[Stored data entries]
◇ ◇ ◇ ◇ ◇ ◇ ◇
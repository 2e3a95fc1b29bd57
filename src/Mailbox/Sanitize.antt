-- ===== src/Mailbox/Sanitize.antt =====
-- The cleaning of header values in internal/mailbox/message.go.
use Prim.Native.Char.{code}
use botfam.Base.{
  ℕ, ◌≤◌, ◌<◌, String, ◌≡◌, refl, Bool, true, not, ◌&&◌, ◌||◌, arith, ltb, leb, nat_eq,
  if◌then◌else◌,
}
use botfam.Base.Text.{trim_space, join}
use botfam.Base.Runes.{
  all_chars, runes, take_runes, keep_chars, fields, all_chars-take_runes, all_chars-keep_chars,
  runes-take_runes-le, all_chars-trim_space, all_chars-join-fields, starts_clean,
  starts_clean-trim_space, starts_clean-take_runes,
}

-- carriage return, newline and tab become spaces, the other control characters go
fold_controls : String → String
fold_controls String.[] = String.[]
fold_controls (String.◌∷◌ c s) =
    let rest = fold_controls s in
    if nat_eq (code c) 13 || nat_eq (code c) 10 || nat_eq (code c) 9
    then String.◌∷◌ " " rest
    else if ltb (code c) 32 || nat_eq (code c) 127
    then rest
    else String.◌∷◌ c rest

unfoldable pub collapse_spaces : String → String
unfolding join fields
collapse_spaces s = join " " (fields s)

unfoldable pub truncate_runes : String → ℕ → String
unfolding runes take_runes
truncate_runes s max = if leb max 0 then s else if leb (runes s) max then s else take_runes max s

unfoldable pub sanitize_header_value : String → ℕ → String
unfolding fold_controls collapse_spaces truncate_runes trim_space
sanitize_header_value s max = truncate_runes (trim_space (collapse_spaces (fold_controls s))) max

unfoldable pub is_name_char : ℕ → Bool
is_name_char r =
    (leb 97 r && leb r 122)
    || (leb 65 r && leb r 90)
    || (leb 48 r && leb r 57)
    || nat_eq r 95
    || nat_eq r 45
    || nat_eq r 46
    || nat_eq r 35

abbrev pub max_subject_len : ℕ
max_subject_len = 120

abbrev pub max_name_len : ℕ
max_name_len = 64

abbrev pub max_value_len : ℕ
max_value_len = 256

unfoldable pub sanitize_name : String → String
unfolding is_name_char keep_chars truncate_runes
sanitize_name s = truncate_runes (keep_chars is_name_char s) max_name_len

-- No control character of ASCII; those of U+0080 to U+009F pass.
unfoldable pub is_not_control : ℕ → Bool
is_not_control c = leb 32 c && not (nat_eq c 127)

all_chars-fold_controls : (s : String) → all_chars is_not_control (fold_controls s) ≡ true
unfolding all_chars fold_controls is_not_control
all_chars-fold_controls String.[] = refl
all_chars-fold_controls (String.◌∷◌ c s) = ground (arith, all_chars-fold_controls s)

module _ (p : ℕ → Bool) where
  all_chars-truncate_runes :
      (s : String) (max : ℕ) → all_chars p s ≡ true → all_chars p (truncate_runes s max) ≡ true
  unfolding truncate_runes
  all_chars-truncate_runes s max h = ground (arith, all_chars-take_runes p max s h)

runes-truncate_runes-le : (s : String) (max : ℕ) → 0 < max → runes (truncate_runes s max) ≤ max
unfolding truncate_runes
runes-truncate_runes-le s max h = ground (arith, runes-take_runes-le max s)

all_chars-space : all_chars is_not_control " " ≡ true
unfolding all_chars is_not_control
all_chars-space = refl

starts_clean-truncate_runes :
    (s : String) (max : ℕ) → starts_clean s ≡ true → starts_clean (truncate_runes s max) ≡ true
unfolding truncate_runes
starts_clean-truncate_runes s max h = ground (arith, starts_clean-take_runes max s h)

-- What is left of a cleaned header value of at most `max` runes, `max` not zero: no control
-- character of ASCII (none below U+0020, and not U+007F), not more runes than that, and no space in front.
pub sanitize_header_value_lem :
    (s : String) (max : ℕ)
    → 0 < max
    → (all_chars is_not_control (sanitize_header_value s max) ≡ true)
      × (runes (sanitize_header_value s max) ≤ max)
      × (starts_clean (sanitize_header_value s max) ≡ true)
unfolding sanitize_header_value collapse_spaces
sanitize_header_value_lem s max h =
    let text = collapse_spaces (fold_controls s) in
    (
      all_chars-truncate_runes is_not_control (trim_space text) max (
          all_chars-trim_space is_not_control text (
            all_chars-join-fields is_not_control " " (fold_controls s) all_chars-space
              (all_chars-fold_controls s))),
      runes-truncate_runes-le (trim_space text) max h,
      starts_clean-truncate_runes (trim_space text) max (starts_clean-trim_space text),
    )

-- What is left of a name: name characters only, 64 of them at most.
pub sanitize_name_lem :
    (s : String)
    → (all_chars is_name_char (sanitize_name s) ≡ true) × (runes (sanitize_name s) ≤ max_name_len)
unfolding sanitize_name
sanitize_name_lem s = (
  all_chars-truncate_runes is_name_char (keep_chars is_name_char s) max_name_len
      (all_chars-keep_chars is_name_char s),
  runes-truncate_runes-le (keep_chars is_name_char s) max_name_len (ground arith),
)
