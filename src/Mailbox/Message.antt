-- ===== src/Mailbox/Message.antt =====
-- internal/mailbox/message.go: Message, Encode and SanitizedHeaders.
use Prim.Native.String.{◌++◌ as append}
use botfam.Base.{String, Bool, Option, List, [], ◌∷◌, ◌++◌, ◌==◌, if◌then◌else◌}
use botfam.Base.Numerals.{ℤ, is_positive, format_integer}
use botfam.Mailbox.Sanitize.{
  sanitize_header_value, sanitize_name, max_subject_len, max_name_len, max_value_len,
}

-- What the program uses of the package time: the clock, the zero time, and the layout RFC3339 of
-- the time in UTC, written and read.
pub record Times (Time : Type 0) : Type 0 where
  pub now : Time
  pub zero_time : Time
  pub is_zero : Time → Bool
  pub format_rfc3339 : Time → String
  pub parse_rfc3339 : String → Option Time

pub record Message (Time : Type 0) : Type 0 where
  pub from : String
  pub to : String
  pub subject : String
  pub source : String
  pub kind : String
  pub seq : ℤ
  pub date : Time
  pub directed : Bool
  pub traceparent : String
  pub body : String

abbrev pub Headers : Type 0
Headers = List (String × String)

-- the closures put and set: empty headers are omitted
unfoldable pub put : String → String → Headers
put k v = if v == "" then [] else (k, v) ∷ []

-- fmt.Fprintf(&b, "%s: %s\r\n", k, v) of each header
unfoldable pub header_lines : Headers → String
header_lines [] = ""
header_lines (h ∷ hs) = append h.0 (append ": " (append h.1 (append "\r\n" (header_lines hs))))

module _ {Time : Type 0} (times : Times Time) where
  -- the value of the header Date, the current time when the message has none
  abbrev pub date_value : Message Time → String
  date_value m = times.format_rfc3339 (if times.is_zero m.date then times.now else m.date)

  -- The headers that Encode writes, in its order.
  unfoldable pub message_headers : Message Time → Headers
  unfolding put sanitize_name sanitize_header_value is_positive format_integer
  message_headers m =
      put "From" (sanitize_name m.from)
      ++ put "To" (sanitize_name m.to)
      ++ put "Subject" (sanitize_header_value m.subject max_subject_len)
      ++ put "Source" (sanitize_header_value m.source max_name_len)
      ++ put "Kind" (sanitize_header_value m.kind max_name_len)
      ++ (if is_positive m.seq then put "Seq" (format_integer m.seq) else [])
      ++ put "Date" (date_value m)
      ++ (if m.directed then put "Directed" "true" else [])
      ++ put "Traceparent" (sanitize_header_value m.traceparent max_value_len)

  -- Message.Encode
  unfoldable pub encode : Message Time → String
  unfolding message_headers header_lines
  encode m = append (header_lines (message_headers m)) (append "\r\n" m.body)

  -- Message.SanitizedHeaders
  unfoldable pub sanitized_headers : Message Time → Headers
  unfolding put sanitize_name sanitize_header_value is_positive format_integer
  sanitized_headers m =
      put "From" (sanitize_name m.from)
      ++ put "To" (sanitize_name m.to)
      ++ put "Subject" (sanitize_header_value m.subject max_subject_len)
      ++ put "Source" (sanitize_header_value m.source max_name_len)
      ++ put "Kind" (sanitize_header_value m.kind max_name_len)
      ++ (if is_positive m.seq then put "Seq" (format_integer m.seq) else [])
      ++ put "Date" (date_value m)
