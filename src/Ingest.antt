-- ===== src/Ingest.antt =====
-- internal/ingest/forge.go: the messages that the forge poller makes of notifications.
pub mod Poll
use Prim.Native.Char.{Char, code}
use Prim.Native.String.{◌++◌ as append}
use text.Mathlib.TextLemmas.{
  cons-append, nil-append, append-nil as text_append-nil, append_assoc as text_append_assoc,
}
use botfam.Base.{
  ℕ, zero, suc, ◌+◌, ◌-◌, ◌*◌, ◌/◌, ◌%◌, ◌^◌, ◌≤◌, ◌<◌, String, ◌≡◌, refl, sym, ap, ◌∙◌, fun_ext,
  ◌≢◌, ◌↔◌, ◌⊎◌, inl, inr, Bool, true, false, not, ◌&&◌, ◌||◌, false≢true, Option, none, some, List,
  [], ◌∷◌, ◌++◌, map, append-nil, append_assoc, arith, ◌==◌, eq_iff, eq_refl, ltb, leb, nat_eq,
  if◌then◌else◌, ltb→lt, nat_eq_iff, Bool-cases, Option-cases, Error, engine, message, Result, ok,
  err, Exec, pure, raise, continue, ◌>>=◌, ◌>>◌, ignore, Result-cases, length, any, find, filter,
  update, length-append, any-append, is_some, or_else, or_default, any-find, All, All-append,
}
use botfam.Base.Affixes.{contains}
use botfam.Base.Text.{is_space, trim_space, is_blank, join, digit, format_int}
use botfam.Base.Runes.{
  all_chars, runes, take_runes, keep_chars, fields, all_chars-append, all_chars-take_runes,
  all_chars-keep_chars, runes-take_runes-le, all_chars-trim_space, all_chars-join-fields,
  starts_clean, starts_clean-trim_space, starts_clean-take_runes,
}
use botfam.Base.Numerals.{
  ℤ, is_positive, parse_int, format_integer, parse_int-format_int, max_int64,
}
use botfam.Mailbox.Message.{Times, Message}

-- forge.Notification; `html_url`, `url`, `title`, `type` and `state` are those of its subject
pub record Notification : Type 0 where
  pub updated : String
  pub title : String
  pub url : String
  pub html_url : String
  pub type : String
  pub state : String
  pub full_name : String

-- forge.SubjectContent
pub record SubjectContent : Type 0 where
  pub body : String
  pub state : String
  pub user : String
  pub assignees : List String

-- forge.TimelineEvent; `poster` is none for a nil Poster
pub record TimelineEvent (Time : Type 0) : Type 0 where
  pub type : String
  pub body : String
  pub poster : Option String
  pub created : Time

-- ForgeClient: what the forge answers in one poll. GetSubject's error is dropped by the callers.
pub record ForgeClient (Time : Type 0) : Type 0 where
  pub list_unread : Result (List Notification)
  pub get_issue_timeline : ℕ → Result (List (TimelineEvent Time))
  pub get_subject : String → Option SubjectContent

-- What the program uses of Go's tables of Unicode: strings.ToLower and ToUpper, and strconv.Quote.
pub record Unicode : Type 0 where
  pub to_lower : String → String
  pub to_upper : String → String
  pub quote : String → String

-- strings.TrimRight(url, "/")
keep_slash : Char → String → String
keep_slash c String.[] = if nat_eq (code c) 47 then "" else String.◌∷◌ c ""
keep_slash c (String.◌∷◌ d s) = String.◌∷◌ c (String.◌∷◌ d s)

trim_slashes : String → String
unfolding keep_slash
trim_slashes String.[] = ""
trim_slashes (String.◌∷◌ c s) = keep_slash c (trim_slashes s)

-- what follows the last slash
after_slash : String → Option String
after_slash String.[] = none
after_slash (String.◌∷◌ c s) = or_else (after_slash s) (if nat_eq (code c) 47 then some s else none)

number_of : Option String → ℤ
unfolding parse_int
number_of none = ℤ.pos 0
number_of (some s) = or_default (ℤ.pos 0) (parse_int s)

unfoldable pub number_from_url : String → ℤ
unfolding trim_slashes after_slash number_of
number_from_url url = number_of (after_slash (trim_slashes url))

unfoldable pub timeline_verb : String → String × String
timeline_verb t =
    if t == "comment"
    then ("comment", "commented on")
    else if t == "close"
    then ("closed", "closed")
    else if t == "reopen"
    then ("reopened", "reopened")
    else if t == "merge_pull"
    then ("merged", "merged")
    else if t == "review"
    then ("review", "reviewed")
    else if t == "review_request"
    then ("review_requested", "requested review on")
    else if t == "label" || t == "unlabel"
    then ("labeled", "updated labels on")
    else if t == "assignees"
    then ("assigned", "updated assignees on")
    else if t == "pull_push"
    then ("pushed", "pushed to")
    else (t, append t " on")

-- what buildMessage collects
pub record Draft (Time : Type 0) : Type 0 where
  pub from : String
  pub kind : String
  pub date : Time
  pub directed : Bool
  pub body : String

last : {A : Type 0} → A → List A → A
last x [] = x
last x (y ∷ ys) = last y ys

named_poster : String → Option String → String
named_poster from none = from
named_poster from (some user) = if user == "" then from else user

-- The poller is asked for an agent's login; with none, every event counts as directed.
subject_directs : String → Option SubjectContent → Bool
unfolding any contains
subject_directs login none = login == ""
subject_directs login (some subj) =
    login == "" || any (λ a. a == login) subj.assignees || contains subj.body (append "@" login)

subject_url : Notification → String
subject_url n = if n.html_url == "" then n.url else n.html_url

issue_number : ℤ → ℕ
issue_number (ℤ.pos n) = n
issue_number (ℤ.negsuc n) = 0

module _ (unicode : Unicode) where
  unfoldable pub capitalize : String → String
  capitalize String.[] = ""
  capitalize (String.◌∷◌ c s) = append (unicode.to_upper (String.◌∷◌ c "")) s

  unfoldable pub forge_subject : Notification → String → String → String
  unfolding number_from_url is_positive format_integer
  forge_subject n url kind =
      let num = number_from_url url in
      if is_positive num
      then append kind (
          append ": " (
            append n.full_name
              (append "#" (append (format_integer num) (append " " (unicode.quote n.title))))))
      else append kind (append ": " (append n.full_name (append " " (unicode.quote n.title))))

module _ {Time : Type 0} (times : Times Time) where
  unfoldable pub parse_forge_time : String → Time
  parse_forge_time s =
      if s == "" then times.zero_time else or_default times.zero_time (times.parse_rfc3339 s)

module _ {Time : Type 0} (times : Times Time) (unicode : Unicode) where
  -- the newest event of the timeline
  with_event :
      String → Notification → String → String → TimelineEvent Time → Draft Time → Draft Time
  unfolding timeline_verb named_poster trim_space contains
  with_event login n url base ev d =
      let (suffix, verb) = timeline_verb ev.type in
      let from = named_poster d.from ev.poster in
      let txt = trim_space ev.body in
      let head =
        append from
          (append " " (append verb (append " " (append url (append " [" (append n.state "]")))))) in
      let text = if txt == "" then head else append head (append ":\n\n" txt) in
      record {
        from = from;
        kind = append base (append "_" suffix);
        date = if times.is_zero ev.created then d.date else ev.created;
        directed =
            d.directed || not (txt == "") && not (login == "") && contains txt (append "@" login);
        body = append text (append "\n\n" url);
      }

  with_timeline :
      String
      → Notification
      → String
      → String
      → Result (List (TimelineEvent Time))
      → Draft Time
      → Draft Time
  unfolding with_event last
  with_timeline login n url base (err e) d = d
  with_timeline login n url base (ok []) d = d
  with_timeline login n url base (ok (ev ∷ evs)) d = with_event login n url base (last ev evs) d

  -- the fallbacks for a body
  with_subject : String → String → Option SubjectContent → Draft Time → Draft Time
  unfolding trim_space capitalize
  with_subject url base none d = record d { body = if d.body == "" then url else d.body }
  with_subject url base (some subj) d =
      let from = if subj.user == "" then d.from else subj.user in
      if d.body == ""
      then record d {
        from = from;
        body = append (capitalize unicode base) (
            append " by " (
              append from (
                append " [" (
                  append subj.state
                    (append "]:\n\n" (append (trim_space subj.body) (append "\n\n" url)))))));
      }
      else d

  -- forgePoller.buildMessage
  unfoldable pub build_message : ForgeClient Time → String → Notification → Message Time
  unfolding subject_url parse_forge_time subject_directs with_timeline with_subject number_from_url
      is_positive issue_number forge_subject
  build_message client login n =
      let url = subject_url n in
      let base = unicode.to_lower n.type in
      let subj = client.get_subject n.url in
      let d0 : Draft Time = record {
        from = "forge";
        kind = base;
        date = parse_forge_time times n.updated;
        directed = subject_directs login subj;
        body = "";
      } in
      let num = number_from_url url in
      let d1 =
        if is_positive num
        then with_timeline login n url base (client.get_issue_timeline (issue_number num)) d0
        else d0 in
      let d2 = with_subject url base subj d1 in
      record {
        from = d2.from;
        to = "";
        subject = forge_subject unicode n url d2.kind;
        source = "forge";
        kind = d2.kind;
        seq = ℤ.pos 0;
        date = d2.date;
        directed = d2.directed;
        traceparent = "";
        body = d2.body;
      }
◇ ◇ ◇ ◇ ◇ ◇ ◇
-- What the exercise asks --
Look through the entries above, find each line containing "List", and copy it.

-- Output below --
use botfam.Base.{String, Bool, Option, List, [], ◌∷◌, ◌++◌, ◌==◌, if◌then◌else◌}
Headers = List (String × String)
  ◌≢◌, ◌↔◌, ◌⊎◌, inl, inr, Bool, true, false, not, ◌&&◌, ◌||◌, false≢true, Option, none, some, List,
  pub assignees : List String
  pub list_unread : Result (List Notification)
  pub get_issue_timeline : ℕ → Result (List (TimelineEvent Time))
last : {A : Type 0} → A → List A → A
      → Result (List (TimelineEvent Time))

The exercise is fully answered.